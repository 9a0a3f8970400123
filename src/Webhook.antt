-- ===== src/Webhook.antt =====
-- FrappeWebhookClient of services/frappe_sync/webhook_client.py: the signed delivery with its retries.
-- `hmac` is the hex digest under a secret, and `post` gives the status that the attempt of a number is
-- answered with, or none for a request error.
use project_k_platform.Prelude.{
  ℕ, suc, ◌+◌, ◌^◌, String, Bool, true, false, Option, none, some, List, [], ◌∷◌, ◌++◌ as append,
  ltb, if◌then◌else◌, not, ◌&&◌,
}
use Prim.Native.String.{◌++◌}
use project_k_platform.Prelude.Eq.{◌==◌, string_eq}

pub record FrappeWebhookClient : Type 0 where
  pub endpoint : String
  pub api_key : String
  pub api_secret : String
  pub webhook_secret : String

pub record Headers : Type 0 where
  pub content_type : String
  pub platform_signature : String
  pub authorization : Option String

unfoldable pub build_headers : (String → String → String) → FrappeWebhookClient → String → Headers
build_headers hmac c payload = record {
  content_type = "application/json";
  platform_signature = hmac c.webhook_secret payload;
  authorization =
      if not (c.api_key == "") && not (c.api_secret == "")
      then some ("token " ++ c.api_key ++ ":" ++ c.api_secret)
      else none;
}

-- What a delivery does: it posts a body with its headers to the endpoint, and it sleeps.
pub data Action : Type 0 where
  posted : String → String → Headers → Action
  slept : ℕ → Action

-- `range(MAX_RETRIES)`
abbrev pub attempts : List ℕ
attempts = 0 ∷ 1 ∷ 2 ∷ 3 ∷ 4 ∷ []

abbrev pub is_delivered : Option ℕ → Bool
is_delivered none = false
is_delivered (some status) = ltb status 300

abbrev pub backoff : ℕ → List Action
backoff attempt = if ltb attempt 4 then slept (2 ^ attempt) ∷ [] else []

-- The loop, with `send` the post of each attempt.
unfoldable pub deliver_from : (ℕ → Option ℕ) → Action → List ℕ → Bool × List Action
deliver_from post send [] = (false, [])
deliver_from post send (a ∷ as') =
    let rest = deliver_from post send as' in
    if is_delivered (post a) then (true, send ∷ []) else (rest.0, send ∷ append (backoff a) rest.1)

-- `deliver`, on the body as it is encoded.
unfoldable pub deliver :
    (String → String → String) → FrappeWebhookClient → (ℕ → Option ℕ) → String → Bool × List Action
unfolding deliver_from build_headers
deliver hmac c post body =
    deliver_from post (posted c.endpoint body (build_headers hmac c body)) attempts

abbrev pub posts : List Action → ℕ
posts [] = 0
posts (posted e b h ∷ as') = suc (posts as')
posts (slept n ∷ as') = posts as'

abbrev pub total_sleep : List Action → ℕ
total_sleep [] = 0
total_sleep (posted e b h ∷ as') = total_sleep as'
total_sleep (slept n ∷ as') = n + total_sleep as'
********
Repeat the listing. Keep every character the same.

repository 9a0a3f8970400123
filename src/Webhook.antt
-- ===== src/Webhook.antt =====
-- FrappeWebhookClient of services/frappe_sync/webhook_client.py: the signed delivery with its retries.
-- `hmac` is the hex digest under a secret, and `post` gives the status that the attempt of a number is
-- answered with, or none for a request error.
use project_k_platform.Prelude.{
  ℕ, suc, ◌+◌, ◌^◌, String, Bool, true, false, Option, none, some, List, [], ◌∷◌, ◌++◌ as append,
  ltb, if◌then◌else◌, not, ◌&&◌,
}
use Prim.Native.String.{◌++◌}
use project_k_platform.Prelude.Eq.{◌==◌, string_eq}

pub record FrappeWebhookClient : Type 0 where
  pub endpoint : String
  pub api_key : String
  pub api_secret : String
  pub webhook_secret : String

pub record Headers : Type 0 where
  pub content_type : String
  pub platform_signature : String
  pub authorization : Option String

unfoldable pub build_headers : (String → String → String) → FrappeWebhookClient → String → Headers
build_headers hmac c payload = record {
  content_type = "application/json";
  platform_signature = hmac c.webhook_secret payload;
  authorization =
      if not (c.api_key == "") && not (c.api_secret == "")
      then some ("token " ++ c.api_key ++ ":" ++ c.api_secret)
      else none;
}

-- What a delivery does: it posts a body with its headers to the endpoint, and it sleeps.
pub data Action : Type 0 where
  posted : String → String → Headers → Action
  slept : ℕ → Action

-- `range(MAX_RETRIES)`
abbrev pub attempts : List ℕ
attempts = 0 ∷ 1 ∷ 2 ∷ 3 ∷ 4 ∷ []

abbrev pub is_delivered : Option ℕ → Bool
is_delivered none = false
is_delivered (some status) = ltb status 300

abbrev pub backoff : ℕ → List Action
backoff attempt = if ltb attempt 4 then slept (2 ^ attempt) ∷ [] else []

-- The loop, with `send` the post of each attempt.
unfoldable pub deliver_from : (ℕ → Option ℕ) → Action → List ℕ → Bool × List Action
deliver_from post send [] = (false, [])
deliver_from post send (a ∷ as') =
    let rest = deliver_from post send as' in
    if is_delivered (post a) then (true, send ∷ []) else (rest.0, send ∷ append (backoff a) rest.1)

-- `deliver`, on the body as it is encoded.
unfoldable pub deliver :
    (String → String → String) → FrappeWebhookClient → (ℕ → Option ℕ) → String → Bool × List Action
unfolding deliver_from build_headers
deliver hmac c post body =
    deliver_from post (posted c.endpoint body (build_headers hmac c body)) attempts

abbrev pub posts : List Action → ℕ
posts [] = 0
posts (posted e b h ∷ as') = suc (posts as')
posts (slept n ∷ as') = posts as'

abbrev pub total_sleep : List Action → ℕ
total_sleep [] = 0
total_sleep (posted e b h ∷ as') = total_sleep as'
total_sleep (slept n ∷ as') = n + total_sleep as'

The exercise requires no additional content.